A Serious Vulnerability

Security testing at a large Lift-powered site revealed a serious XML-related security vulnerability.

The core issue is that Lift prior to recently patched versions 2.5.2, 2.6.1, and 3.0-M4 are vulnerable to a XML eXternal Entity attack. The attack allows access to the local filesystem via XML entities:

 <?xml version="1.0" encoding="ISO-8859-1"?>
  <!DOCTYPE foo [
     <!ELEMENT foo ANY >
        <!ENTITY xxe SYSTEM "file:///etc/passwd" >]><foo>&xxe;</foo>

The root cause of the problem is that Lift uses Scala's scala.xml.XML library for parsing and the default configuration of that library is insecure.

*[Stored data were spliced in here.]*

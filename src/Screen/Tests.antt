-- ===== src/Screen/Tests.antt =====
-- The screen on a concrete string.
use apna_os.Prelude.{refl, arith, [], ◌∷◌, Bytes, of_list}
use apna_os.Prelude.Run.{Returns}
use apna_os.Text.{HasLength}
use apna_os.Screen.{Vga, print_to_screen}
use apna_os.Screen.Grid.{Grid, Displays, type_all, print_to_screen-Displays}

-- "a", a line feed, "b".
abbrev message : Bytes
message = of_list 0 (b'a' ∷ 10 ∷ b'b' ∷ [])

message-HasLength : HasLength message 3
message-HasLength = record { ends = refl; before = λ j l e. ground (arith, l, e) }

-- A screen of dots, the cursor at the end of the last row.
abbrev dots : Vga
dots = record { video = λ p. 46; vga_row = 24; vga_col = 79 }

abbrev dots_grid : Grid
dots_grid = record { char = λ r c. 46; colour = λ r c. 46; row = 24; col = 79 }

dots-Displays : Displays dots_grid dots
dots-Displays = record {
  draws = record { row = refl; col = refl; char = λ r c a b. refl; colour = λ r c a b. refl };
  in_rows = omega arith;
  in_cols = omega arith;
}

print_to_screen-Displays_example :
    Returns
      (λ _ v'. Displays (type_all 3 message 0 dots_grid) v')
      (print_to_screen 9 message 0 dots)
print_to_screen-Displays_example =
    print_to_screen-Displays 9 3 message dots_grid dots message-HasLength (omega arith)
      dots-Displays
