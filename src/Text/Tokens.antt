-- ===== src/Text/Tokens.antt =====
-- `strtok` of keyboard/string.c, which cuts a line into words.
use apna_os.Prelude.{
  ℕ, zero, suc, ◌+◌, Bool, true, false, ◌&&◌, not, Option, none, some, ◌==◌, if◌then◌else◌, Bytes,
  update,
}
use apna_os.Prelude.Run.{Cmd, done, out_of_fuel}
use apna_os.Text.{strchr_loop}

-- The line that `strtok` was given, and its static pointer, an offset in the line.
pub record Tokens : Type 0 where
  pub line : Bytes
  pub static_str : Option ℕ

abbrev pub is_some : Option ℕ → Bool
is_some none = false
is_some (some p) = true

-- strchr(delim, c), as a test; `m` rounds for the string `delim`.
unfoldable pub in_delim : ℕ → Bytes → ℕ → Bool
in_delim m delim c = is_some (strchr_loop m delim c 0)

-- while (*static_str && strchr(delim, *static_str)) static_str++;
unfoldable pub skip_loop : ℕ → ℕ → Bytes → Bytes → ℕ → Option ℕ
skip_loop zero m delim line p = none
skip_loop (suc fuel) m delim line p =
    let rest = skip_loop fuel m delim line (p + 1) in
    if not (line p == 0) && in_delim m delim (line p) then rest else some p

-- while (*static_str && !strchr(delim, *static_str)) static_str++;
unfoldable pub word_loop : ℕ → ℕ → Bytes → Bytes → ℕ → Option ℕ
word_loop zero m delim line p = none
word_loop (suc fuel) m delim line p =
    let rest = word_loop fuel m delim line (p + 1) in
    if not (line p == 0) && not (in_delim m delim (line p)) then rest else some p

-- The end of the word is marked, at the place where the second loop stops.
unfoldable pub end_token : ℕ → Option ℕ → Cmd Tokens (Option ℕ)
end_token token none t = out_of_fuel
end_token token (some p) t = done (some token) (
    if t.line p == 0
    then record { line = t.line; static_str = some p }
    else record { line = update t.line p 0; static_str = some (p + 1) })

-- What follows the first loop, which stops at a place.
unfoldable pub take_token : ℕ → ℕ → Bytes → Option ℕ → Cmd Tokens (Option ℕ)
take_token fuel m delim none t = out_of_fuel
take_token fuel m delim (some p) t =
    if t.line p == 0
    then done none (record t { static_str = some p })
    else end_token p (word_loop fuel m delim t.line p) t

-- if (str) static_str = str;
abbrev pub start : Option ℕ → Option ℕ → Option ℕ
start none static_str = static_str
start (some p) static_str = some p

unfoldable pub tokens_from : ℕ → ℕ → Bytes → Option ℕ → Cmd Tokens (Option ℕ)
tokens_from fuel m delim none t = done none t
tokens_from fuel m delim (some p) t = take_token fuel m delim (skip_loop fuel m delim t.line p) t

-- `fuel` bounds the rounds of each loop.
unfoldable pub strtok : ℕ → ℕ → Option ℕ → Bytes → Cmd Tokens (Option ℕ)
strtok fuel m str delim t = tokens_from fuel m delim (start str t.static_str) t
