-- ===== src/Shell.antt =====
-- The shell of kernel.c: `read_line` and one round of `cli_loop` on the state of the kernel's parts.
-- What is printed is collected in the order of the calls. The entry points of the programs, the stack
-- pointer that `schedule` saves and what the stack's buffers hold before are arguments. `fuel` is
-- that of the ready queue; the other loops run over a line of at most 127 bytes.
pub mod Files
pub mod Commands
pub mod Line
pub mod Reads
pub mod Sound
pub mod Requests
pub mod Rounds
mod Tests
use Prim.Native.String.{String}
use apna_os.Prelude.{
  ℕ, zero, suc, ◌+◌, ◌-◌, ◌%◌, ◌^◌, Bool, true, false, ◌&&◌, Option, none, some, List, [], ◌∷◌,
  ◌++◌, ◌==◌, ltb, if◌then◌else◌, Bytes, update, of_list,
}
use apna_os.Prelude.Int.{ℤ, pos, negsuc}
use apna_os.Prelude.Run.{Run, Cmd, done, fault, out_of_fuel, pure, get, put, guard, ◌>>=◌, ◌>>◌}
use apna_os.Text.{strlen, strcmp}
use apna_os.Text.Tokens.{Tokens, strtok}
use apna_os.Disk.State.{Fs}
use apna_os.Keyboard.{Keyboard}
use apna_os.Numbers.{atoi}
use apna_os.Scheduler.{Kernel, Switch}

abbrev pub max_input_length : ℕ
max_input_length = 128

-- A call of `print_to_screen` or of `list_files`.
pub data Output : Type 0 where
  message : String → Output
  content : Bytes → Output
  names : List Bytes → Output

-- The parts that the shell calls. `tokens` has the shell's `input` and the static of `strtok`.
pub record Shell : Type 0 where
  pub keyboard : Keyboard
  pub tokens : Tokens
  pub fs : Fs
  pub kernel : Kernel
  pub printed : List Output

module _ {S A : Type 0} where
  -- The run of one part, with the others as they are.
  abbrev pub within_shell : (S → Shell) → Run S A → Run Shell A
  within_shell put_back (done a s) = done a (put_back s)
  within_shell put_back fault = fault
  within_shell put_back out_of_fuel = out_of_fuel

module _ {A : Type 0} where
  abbrev pub on_tokens : Cmd Tokens A → Cmd Shell A
  on_tokens c s = within_shell (λ t. record s { tokens = t }) (c s.tokens)

  abbrev pub on_disk : Cmd Fs A → Cmd Shell A
  on_disk c s = within_shell (λ fs. record s { fs = fs }) (c s.fs)

  abbrev pub on_kernel : Cmd Kernel A → Cmd Shell A
  on_kernel c s = within_shell (λ k. record s { kernel = k }) (c s.kernel)

abbrev pub print : Output → Cmd Shell (Unit {0})
print o s = done tt (record s { printed = s.printed ++ o ∷ [] })

abbrev pub say : String → Cmd Shell (Unit {0})
say m = print (message m)

-- while(input_line[i] != '\0' && i < max_length-1) ..., with `n` rounds left: where it stops, and the
-- buffer then.
unfoldable pub line_loop : ℕ → ℕ → Bytes → Bytes → ℕ × Bytes
line_loop zero i line buffer = (i, buffer)
line_loop (suc n) i line buffer =
    let rest = line_loop n (i + 1) line (update buffer i (line i)) in
    if line i == 0 then (i, buffer) else rest

-- `read_line(input, MAX_INPUT_LENGTH)` from the end of the loop on that waits for a line.
unfoldable pub read_line : Cmd Shell (Unit {0})
read_line s =
    let (i, buffer) = line_loop (max_input_length - 1) 0 s.keyboard.input_line s.tokens.line in
    done tt (record s {
      tokens = record { line = update buffer i 0; static_str = s.tokens.static_str };
      keyboard = record (s.keyboard) { input_ready = false };
    })

-- " \t", "\n"
abbrev pub blanks : Bytes
blanks = of_list 0 (32 ∷ 9 ∷ [])

abbrev pub line_end : Bytes
line_end = of_list 0 (10 ∷ [])

-- strtok(NULL, delim)
unfoldable pub next_token : Bytes → Cmd Shell (Option ℕ)
next_token delim = on_tokens (strtok max_input_length 3 none delim)

-- The string at a token.
abbrev pub token_at : Shell → ℕ → Bytes
token_at s token i = s.tokens.line (token + i)

abbrev is_zero : ℤ → Bool
is_zero (pos n) = n == 0
is_zero (negsuc n) = false

module _ {A B : Type 0} where
  abbrev pub or_no_fuel : (A → B) → Option A → Cmd Shell B
  or_no_fuel f none s = out_of_fuel
  or_no_fuel f (some a) s = done (f a) s

-- strcmp(token, word) == 0
unfoldable pub is_word : ℕ → Bytes → Cmd Shell Bool
is_word token word s = or_no_fuel is_zero (strcmp max_input_length (token_at s token) word 0) s

unfoldable pub number_at : ℕ → Cmd Shell ℤ
number_at token s = or_no_fuel (λ n. n) (atoi max_input_length (token_at s token)) s

unfoldable pub length_at : ℕ → Cmd Shell ℕ
length_at token s = or_no_fuel (λ n. n) (strlen max_input_length (token_at s token)) s

-- What a round comes to: the next one, the end of the shell, or where `schedule` leaves to.
pub data Outcome : Type 0 where
  continues exits : Outcome
  leaves : Switch → Outcome

-- print_to_screen(...); continue;
abbrev pub tell : String → Cmd Shell Outcome
tell m = say m >> pure continues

We reached out to the Typesafe folks to let them know about the vulnerability. They pointed us to how Play! handles XML-related issues as well as an open ticket related to scala.xml's security. A shout-out to Typesafe for doing security right and to being helpful to the Lift team.

We released Lift 2.5.2 and 2.6.1 earlier this week to fix the XXE issue, and just released 2.5.3 and 2.6.2 that harden XML parsing further. We suggest that Lift (or any) apps that use scala.xml.XML switch to using net.liftweb.util.Helpers.secureXML, which has an identical API but is secured against several common XML vulnerabilities.